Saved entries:
::::::::
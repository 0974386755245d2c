-- ===== src/Firewall/Tests.antt =====
-- Runs of the firewall's guard: two rules for SSH and one for the panel.
use nexa_panel.Prelude.{
  cut_at, atoi, unsigned, signed_value, digits_value, ◌≡◌, refl, true, false, none, some, [], ◌∷◌,
  Text, codes, All, any, text_eq, trim_space, is_space,
}
use nexa_panel.Firewall.Lockout.{
  Rule, Status, Change, AccessPort, Net, action_allow, action_delete, action_deny, deny_reasons,
  access_ports, allows_port, carries_session, assess_lockout, delete_reasons, dedupe, from_covers,
  peer_covered, in_source, equals_parsed, rule_admits, any_other_rule_admits, same_rule_body,
  port_range, range_from, revert_for,
}
use nexa_panel.Firewall.Guard.{
  left_after, denied_spares_peer, deleted_keeps_access, Undoes, effect_of, revert_for-Undoes,
}

-- Addresses as texts that are compared whole, with no prefixes.
abbrev plain_net : Net
plain_net = record { Ip = Text; parse_ip = some; parse_cidr = λ from. none; equal = text_eq }

abbrev allow_rule : Text → Text → Rule
allow_rule port from = record {
  port = port;
  protocol = codes "tcp";
  action = action_allow;
  from = from;
  comment = [];
  v6 = false;
}

abbrev ssh : Rule
ssh = allow_rule (codes "22") []

abbrev ssh_office : Rule
ssh_office = allow_rule (codes "22") (codes "10.0.0.1")

abbrev panel : Rule
panel = allow_rule (codes "80:443") []

abbrev status : Status
status = record { installed = true; active = true; rules = ssh ∷ ssh_office ∷ panel ∷ [] }

ssh_clear :
    assess_lockout plain_net status
      (record { action = action_delete; rule = ssh })
      (codes "10.0.0.1")
    ≡ []
unfolding assess_lockout delete_reasons dedupe carries_session from_covers peer_covered in_source
    equals_parsed rule_admits any_other_rule_admits same_rule_body port_range range_from cut_at atoi
    unsigned signed_value digits_value text_eq trim_space is_space
ssh_clear = refl

deleted_keeps_access_example :
    (carries_session plain_net ssh (codes "10.0.0.1") ≡ false)
    × All
        (λ (p : AccessPort).
          any (allows_port p.number) status.rules ≡ true
          → any (allows_port p.number) (left_after ssh status.rules) ≡ true)
        access_ports
unfolding text_eq
deleted_keeps_access_example =
    deleted_keeps_access plain_net status ssh (codes "10.0.0.1") refl refl ssh_clear

-- A denial whose rule still carries another verb.
abbrev denial : Change
denial = record { action = action_deny; rule = ssh }

revert_for-Undoes_example :
    (c : Change) × (revert_for denial ≡ some c)
    × Undoes c denial
    × (again : Change) × (revert_for c ≡ some again)
    × (effect_of again ≡ effect_of denial)
unfolding text_eq
revert_for-Undoes_example = revert_for-Undoes denial refl

-- A deny rule of another address.
abbrev intruder : Rule
intruder = record (allow_rule (codes "22") (codes "10.0.0.9")) { action = action_deny }

intruder_clear :
    assess_lockout plain_net status
      (record { action = action_deny; rule = intruder })
      (codes "10.0.0.1")
    ≡ []
unfolding assess_lockout deny_reasons dedupe from_covers peer_covered in_source equals_parsed
    rule_admits port_range range_from cut_at atoi unsigned signed_value digits_value text_eq
    trim_space is_space
intruder_clear = refl

denied_spares_peer_example :
    All
      (λ (p : AccessPort).
        rule_admits intruder p.number ≡ true
        → from_covers plain_net intruder.from (codes "10.0.0.1") ≡ false)
      access_ports
denied_spares_peer_example =
    denied_spares_peer plain_net status intruder (codes "10.0.0.1") refl intruder_clear
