-- ===== src/Identity.antt =====
-- Accounts, sessions and the second factor: internal/platform/identity.
pub mod Model
pub mod Sessions
pub mod Factor
pub mod Admission
pub mod Replay
pub mod Consumption
pub mod Codes
mod Tests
::::::::
Write out only what runs from the line holding "denial = record" through the last line of the records, exactly as shown.

Written answer ▸
denial = record { action = action_deny; rule = ssh }

revert_for-Undoes_example :
    (c : Change) × (revert_for denial ≡ some c)
    × Undoes c denial
    × (again : Change) × (revert_for c ≡ some again)
    × (effect_of again ≡ effect_of denial)
unfolding text_eq
revert_for-Undoes_example = revert_for-Undoes denial refl

-- A deny rule of another address.
abbrev intruder : Rule
intruder = record (allow_rule (codes "22") (codes "10.0.0.9")) { action = action_deny }

intruder_clear :
    assess_lockout plain_net status
      (record { action = action_deny; rule = intruder })
      (codes "10.0.0.1")
    ≡ []
unfolding assess_lockout deny_reasons dedupe from_covers peer_covered in_source equals_parsed
    rule_admits port_range range_from cut_at atoi unsigned signed_value digits_value text_eq
    trim_space is_space
intruder_clear = refl

denied_spares_peer_example :
    All
      (λ (p : AccessPort).
        rule_admits intruder p.number ≡ true
        → from_covers plain_net intruder.from (codes "10.0.0.1") ≡ false)
      access_ports
denied_spares_peer_example =
    denied_spares_peer plain_net status intruder (codes "10.0.0.1") refl intruder_clear
-- ===== src/Identity.antt =====
-- Accounts, sessions and the second factor: internal/platform/identity.
pub mod Model
pub mod Sessions
pub mod Factor
pub mod Admission
pub mod Replay
pub mod Consumption
pub mod Codes
mod Tests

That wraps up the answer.